Thanks to Tarana Burke’s Me Too movement, TIME’S UP and others, it’s no longer possible to ignore the devastating impacts of discrimination, harassment and sexual assault in the workplace. In the business world, we’ve seen many alleged harassers removed from positions of power. But while Les Moonves and his ilk may be gone, it’s not always clear whether companies are taking steps to eliminate not just the alleged harassers, but the policies and practices that helped shield them from accountability in the first place.
Take for example mandatory arbitration and non-disclosure (read: secrecy) agreements. Both practices can enable harassment and discrimination based on race, gender, ethnicity and other federally protected classes, to continue unseen by keeping complaints and any settlements confidential. This is so problematic that in 2018 attorneys general from all 50 states called for the end of mandatory arbitration and secrecy in sexual harassment cases, noting that, “Ending mandatory arbitration of sexual harassment claims would help to put a stop to the culture of silence that protects perpetrators at the cost of their victims.”
Recognizing the risks these types of policies can present for companies and their employees, a number of investors are asking companies to eliminate their use. The New York City Pension Funds recently submitted several shareholder proposals calling for an end to “Inequitable Employment Practices,” including mandatory arbitration and involuntary non-disclosure agreements. Other investors, including the Nathan Cummings Foundation, are asking companies to explicitly prohibit the use of non-disclosure agreements and mandatory arbitration in the context of employee harassment and discrimination claims.

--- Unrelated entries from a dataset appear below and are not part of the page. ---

-- ===== src/Utils/IndexAllocator/Laws.antt =====
-- `allocate` and `release` of an `IndexAllocator`, by which indices are in use.
use rust_root_task_demo.Common.{
  ℕ, ◌/◌, ◌%◌, ◌<◌, ◌≡◌, refl, subst, Option, none, some, arith, Outcome, ret, panic, ◌>>=◌,
  read_in_range, write_in_range, if◌then◌else◌, ◌==◌,
}
use rust_root_task_demo.Common.Words.{set_bit, clear_bit, set_bit_lt, clear_bit_lt}
use rust_root_task_demo.Utils.IndexAllocator.Bitmap.{
  used, IsValid, Found, all_used, first_free, find_free-Found, marked, freed, used-marked,
  used-freed, set-IsValid, byte_of,
}
use rust_root_task_demo.Utils.IndexAllocator.{
  IndexAllocator, find_free, take_index, allocate, release,
}

-- What `allocate` does: it finds every index in use and changes nothing, or it hands out the
-- lowest free one and marks that one alone.
pub data Allocates (size : ℕ) (a : IndexAllocator)
    : Outcome (Option ℕ × IndexAllocator) → Type 0 where
  full : ((j : ℕ) → j < size → used a j ≡ 1) → Allocates size a (ret (none, a))
  fresh :
      (k : ℕ) (a' : IndexAllocator)
      → k < size
      → used a k ≡ 0
      → ((j : ℕ) → j < k → used a j ≡ 1)
      → ((j : ℕ) → used a' j ≡ (if k == j then 1 else used a j))
      → IsValid size a'
      → Allocates size a (ret (some k, a'))

module _ (size : ℕ) (a : IndexAllocator) (v : IsValid size a) where
  marks_found : (k : ℕ) → k < size → take_index size a (some k) ≡ ret (some k, marked size a v k)
  unfolding take_index
  marks_found k h =
      rw
        (
          read_in_range a.bitmap (k / 8) 0 (omega (arith, v.bytes)),
          write_in_range a.bitmap (k / 8) (set_bit (byte_of size a v k) (k % 8))
              (omega (arith, v.bytes)),
        )
        refl

  take_index-Allocates :
      (o : Outcome (Option ℕ)) → Found a 0 size o → Allocates size a (o >>= take_index size a)
  take_index-Allocates (ret none) (all_used h) =
      unfold take_index in full λ j p. h j (omega arith) (omega arith)
  take_index-Allocates (ret (some _)) (first_free k p q free h) = rw (marks_found k (omega arith)) (
      fresh k (marked size a v k) (omega arith) free (λ j r. h j (omega arith) r)
        (λ j. used-marked size a v k j (omega arith))
        (set-IsValid size a v k (set_bit (byte_of size a v k) (k % 8)) (omega arith)
          (set_bit_lt 8 (byte_of size a v k) (k % 8) (omega arith) (v.byte_lt (k / 8)))))
  take_index-Allocates panic f = elim f [ ]

  -- `allocate` never panics: with every index in use it returns `None` and changes nothing, else
  -- it returns the lowest free index, marks it, and leaves every other index as it was.
  pub allocate-Allocates : Allocates size a (allocate size a)
  unfolding allocate
  allocate-Allocates =
      take_index-Allocates (find_free a.bitmap size 0)
        (find_free-Found size a v size 0 (omega arith))

  -- `release` of an index in range frees it and leaves every other index as it was.
  pub release_lem :
      (k : ℕ)
      → k < size
      → (a' : IndexAllocator) × (release a k ≡ ret a')
        × ((j : ℕ) → used a' j ≡ (if k == j then 0 else used a j))
        × IsValid size a'
  unfolding release
  release_lem k h = (
    freed size a v k,
    rw
        (
          read_in_range a.bitmap (k / 8) 0 (omega (arith, v.bytes)),
          write_in_range a.bitmap (k / 8) (clear_bit 8 (byte_of size a v k) (k % 8))
              (omega (arith, v.bytes)),
        )
        refl,
    λ j. used-freed size a v k j h,
    set-IsValid size a v k (clear_bit 8 (byte_of size a v k) (k % 8)) h
        (clear_bit_lt 8 (byte_of size a v k) (k % 8) (omega arith) (v.byte_lt (k / 8))),
  )

-- What an allocation that returned an index leaves behind.
Allocates-some :
    {size : ℕ} {a : IndexAllocator} {o : Outcome (Option ℕ × IndexAllocator)}
    → Allocates size a o
    → (k : ℕ) (a' : IndexAllocator) → o ≡ ret (some k, a')
    → (k < size)
      × (used a k ≡ 0)
      × ((j : ℕ) → used a' j ≡ (if k == j then 1 else used a j))
      × IsValid size a'
Allocates-some {a} (full h) k a' e = absurd (cc)
Allocates-some {size} {a} (fresh k₀ a₀ lt free low marks valid) k a' e =
    let same : k₀ ≡ k = cc in
    let after : a₀ ≡ a' = cc in
    (
      rw (← same) lt,
      rw (← same) free,
      λ j. rw (← after, ← same) (marks j),
      subst (IsValid size) after valid,
    )

-- Giving back the index that `allocate` handed out restores what was in use before.
pub release-allocate :
    (size : ℕ) (a a' : IndexAllocator) (k : ℕ)
    → IsValid size a
    → allocate size a ≡ ret (some k, a')
    → (b : IndexAllocator) × (release a' k ≡ ret b)
      × ((j : ℕ) → used b j ≡ used a j)
      × IsValid size b
release-allocate size a a' k v e =
    let (lt, free, marks, v') = Allocates-some (allocate-Allocates size a v) k a' e in
    let (b, returns, frees, valid) = release_lem size a' v' k lt in
    (b, returns, (λ j. ground (arith, frees j, marks j, same_index free j)), valid)
  where
    same_index : used a k ≡ 0 → (j : ℕ) → k ≡ j → used a j ≡ 0
    same_index free j h = rw (← h) free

There’s good reason to do so. At companies like 21st Century Fox, Intel and Nike, we’ve seen cultures that allowed those accused of harassment and discrimination to rise to the top, resulting in the unexpected and destabilizing loss of leadership. Of course, it’s not just leadership that’s impacted. A corporate culture that tolerates harassment risks physical and mental harm to employees, impacting productivity, absenteeism and employee turnover. Meanwhile, consumer facing companies put their brands at risk if it becomes known that their workplace policies protect those who harass and discriminate.

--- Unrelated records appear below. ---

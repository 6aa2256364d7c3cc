-- ===== src/Panel/Compare.antt =====
-- `ComparisonMode` and `compare` of web/app/src/playground/TestsPanel.tsx.
pub mod Modes
use zero_code.Base.{
  ℕ, zero, suc, Bool, true, false, not, ◌&&◌, ◌||◌, List, [], ◌∷◌, ◌==◌, if◌then◌else◌, length,
  keep, is_empty,
}
use zero_code.Base.Text.{Text, text_eq, starts_with, glue, is_space}
use zero_code.Base.Text.{trim as trim_spaces}

pub data ComparisonMode : Type 0 where
  exact trim ignore_ws tokens : ComparisonMode

abbrev pub is_blank : ℕ → Bool
is_blank c = c == b' ' || c == b'\t'

-- `\r?\n` matches here.
abbrev pub at_line_end : Text → Bool
at_line_end s = starts_with (b'\n' ∷ []) s || starts_with (b'\r' ∷ b'\n' ∷ []) s

-- `[ \t]*\r?\n` matches here.
unfoldable pub blanks_to_line_end : Text → Bool
blanks_to_line_end [] = false
blanks_to_line_end (c ∷ cs) =
    let rest = blanks_to_line_end cs in if is_blank c then rest else at_line_end (c ∷ cs)

-- `s.replace(/[ \t]+(\r?\n)/g, '$1')`: a blank goes if nothing but blanks stand between it and a
-- line end.
unfoldable pub strip_line_ends : Text → Text
unfolding blanks_to_line_end
strip_line_ends [] = []
strip_line_ends (c ∷ cs) =
    let rest = strip_line_ends cs in if is_blank c && blanks_to_line_end cs then rest else c ∷ rest

-- `s.replace(/\r?\n$/, '')`
unfoldable pub chop_newline : Text → Text
chop_newline [] = []
chop_newline (c ∷ []) = if c == b'\n' then [] else c ∷ []
chop_newline (c ∷ d ∷ []) = if d == b'\n' then (if c == b'\r' then [] else c ∷ []) else c ∷ d ∷ []
chop_newline (c ∷ d ∷ e ∷ cs) = c ∷ chop_newline (d ∷ e ∷ cs)

-- The closure `norm`.
unfoldable pub norm : Text → Text
unfolding strip_line_ends chop_newline
norm s = chop_newline (strip_line_ends s)

abbrev pub starts_space : Text → Bool
starts_space [] = false
starts_space (c ∷ cs) = is_space c

-- `s.split(/\s+/)`: the fields between the longest runs of whitespace.
unfoldable pub split_spaces : Text → List Text
unfolding is_space glue
split_spaces [] = [] ∷ []
split_spaces (c ∷ cs) =
    let rest = split_spaces cs in
    if is_space c then (if starts_space cs then rest else [] ∷ rest) else glue c rest

-- The `for` loop over the tokens of lists of one length.
unfoldable pub same_tokens : List Text → List Text → Bool
unfolding text_eq
same_tokens [] ys = true
same_tokens (x ∷ xs) [] = true
same_tokens (x ∷ xs) (y ∷ ys) =
    let rest = same_tokens xs ys in if not (text_eq x y) then false else rest

unfoldable pub compare_tokens : List Text → List Text → Bool
unfolding same_tokens
compare_tokens a b = if not (length a == length b) then false else same_tokens a b

abbrev pub remove_spaces : Text → Text
remove_spaces = keep (λ c. not (is_space c))

-- The `switch`.
unfoldable pub compare_in : ComparisonMode → Text → Text → Bool
unfolding norm text_eq compare_tokens split_spaces trim_spaces
compare_in exact actual expected = text_eq actual expected
compare_in trim actual expected = text_eq (norm actual) (norm expected)
compare_in ignore_ws actual expected = text_eq (remove_spaces actual) (remove_spaces expected)
compare_in tokens actual expected =
    compare_tokens (split_spaces (trim_spaces actual)) (split_spaces (trim_spaces expected))

unfoldable pub compare : Text → Text → ComparisonMode → Bool
unfolding compare_in
compare actual expected mode = if is_empty expected then true else compare_in mode actual expected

There are also legal risks attendant in relying on arbitration and non-disclosure agreements, which exist under a patchwork of state laws. Recognizing the damage that these policies can cause, at least seven states have limits on non-disclosure agreements in harassment settlements. California, for instance, bans confidentiality agreements in sexual harassment and discrimination cases.

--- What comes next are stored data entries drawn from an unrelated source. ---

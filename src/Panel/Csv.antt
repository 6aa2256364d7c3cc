-- ===== src/Panel/Csv.antt =====
-- `parseCSV` and `exportCSV` of web/app/src/playground/TestsPanel.tsx, over rows of a test case's
-- two texts.
pub mod Fields
pub mod RoundTrip
use zero_code.Base.{
  ℕ, Bool, true, false, not, ◌&&◌, ◌||◌, List, [], ◌∷◌, ◌++◌, map, ◌==◌, if◌then◌else◌, any,
  is_empty,
}
use zero_code.Base.Text.{Text, codes, text_eq, join_with}

-- `{ stdin: string; expected: string }`
pub record Case : Type 0 where
  pub stdin : Text
  pub expected : Text

abbrev pub quote : ℕ
quote = b'"'

abbrev pub comma : ℕ
comma = b','

abbrev pub lf : ℕ
lf = b'\n'

abbrev pub cr : ℕ
cr = b'\r'

-- The variables of the scan.
pub record Scan : Type 0 where
  pub rows : List (List Text)
  pub row : List Text
  pub field : Text
  pub in_quote : Bool

abbrev pub initial : Scan
initial = record { rows = []; row = []; field = []; in_quote = false }

-- The closures `push` and `flush`.
abbrev pub push : Scan → Scan
push p = record p { row = p.row ++ p.field ∷ []; field = [] }

abbrev pub flush : Scan → Scan
flush p = record p { rows = if is_empty p.row then p.rows else p.rows ++ p.row ∷ []; row = [] }

abbrev pub add : Scan → ℕ → Scan
add p c = record p { field = p.field ++ c ∷ [] }

-- One round of the loop that consumes one character.
unfoldable pub step : Scan → ℕ → Scan
step p c =
    if p.in_quote
    then (if c == quote then record p { in_quote = false } else add p c)
    else if c == quote
    then record p { in_quote = true }
    else if c == comma
    then push p
    else if c == cr
    then p
    else if c == lf
    then flush (push p)
    else add p c

-- What follows the loop, up to the list of rows.
unfoldable pub finish : Scan → List (List Text)
finish p = if not (is_empty p.field) || not (is_empty p.row) then (flush (push p)).rows else p.rows

-- The loop; a doubled quote inside quotes takes two characters.
unfoldable pub scan : Scan → Text → List (List Text)
unfolding step finish
scan p [] = finish p
scan p (c ∷ []) = finish (step p c)
scan p (c ∷ d ∷ cs) = elim (p.in_quote && (c == quote && d == quote)) [
  | true ↦ scan (add p quote) cs
  | false ↦ scan (step p c) (d ∷ cs)
]

abbrev lower : ℕ → ℕ
lower c =
    if (c == b'S')
    then b's'
    else if c == b'T'
    then b't'
    else if c == b'D'
    then b'd'
    else if c == b'I'
    then b'i'
    else if c == b'N'
    then b'n'
    else c

-- `/^stdin$/i.test(s)`
pub is_header : Text → Bool
is_header s = text_eq (map lower s) (codes "stdin")

-- `rows[0][0] || ''`
abbrev pub first_cell : List Text → Text
first_cell [] = []
first_cell (s ∷ r) = s

-- `const [stdin = '', expected = ''] = row`
abbrev pub to_case : List Text → Case
to_case [] = record { stdin = []; expected = [] }
to_case (s ∷ []) = record { stdin = s; expected = [] }
to_case (s ∷ e ∷ r) = record { stdin = s; expected = e }

-- The negation of `stdin === '' && expected === ''`.
abbrev pub is_real : Case → Bool
is_real t = not (is_empty t.stdin) || not (is_empty t.expected)

unfoldable pub to_cases : List (List Text) → List Case
to_cases [] = []
to_cases (r ∷ rs) = let rest = to_cases rs in if is_real (to_case r) then to_case r ∷ rest else rest

unfoldable pub drop_header : List (List Text) → List (List Text)
unfolding is_header
drop_header [] = []
drop_header (r ∷ rs) = if is_header (first_cell r) then rs else r ∷ rs

unfoldable pub parse_csv : Text → List Case
unfolding scan to_cases drop_header
parse_csv src = to_cases (drop_header (scan initial src))

-- `/[",\n]/.test(s)`
abbrev pub needs_quotes : Text → Bool
needs_quotes = any (λ c. c == quote || c == comma || c == lf)

-- `s.replace(/"/g, '""')`
unfoldable pub double_quotes : Text → Text
double_quotes [] = []
double_quotes (c ∷ cs) =
    let rest = double_quotes cs in if c == quote then quote ∷ quote ∷ rest else c ∷ rest

unfoldable pub esc : Text → Text
unfolding double_quotes
esc s = if needs_quotes s then quote ∷ (double_quotes s ++ quote ∷ []) else s

unfoldable pub export_row : Case → Text
unfolding esc
export_row t = esc t.stdin ++ comma ∷ esc t.expected

unfoldable pub export_csv : List Case → Text
unfolding export_row join_with
export_csv ts = join_with lf (codes "stdin,expected" ∷ map export_row ts) ++ lf ∷ []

For long-term investors, these “keep it secret” policies present real risks. They aren’t just bad for business, they are, more importantly, bad for employees. When nearly half of African-Americans have faced race-based discrimination in the workplace and more than half of senior-level women have been sexually harassed during their careers, it is clear that these policies and practices are contributing to harmful work environments. We’re hopeful that the companies we’ve engaged on these issues will follow the lead of Microsoft and others and discontinue arbitration and secrecy requirements when it comes to sexual harassment and discrimination claims, because to continue to ignore this pervasive problem is indefensible.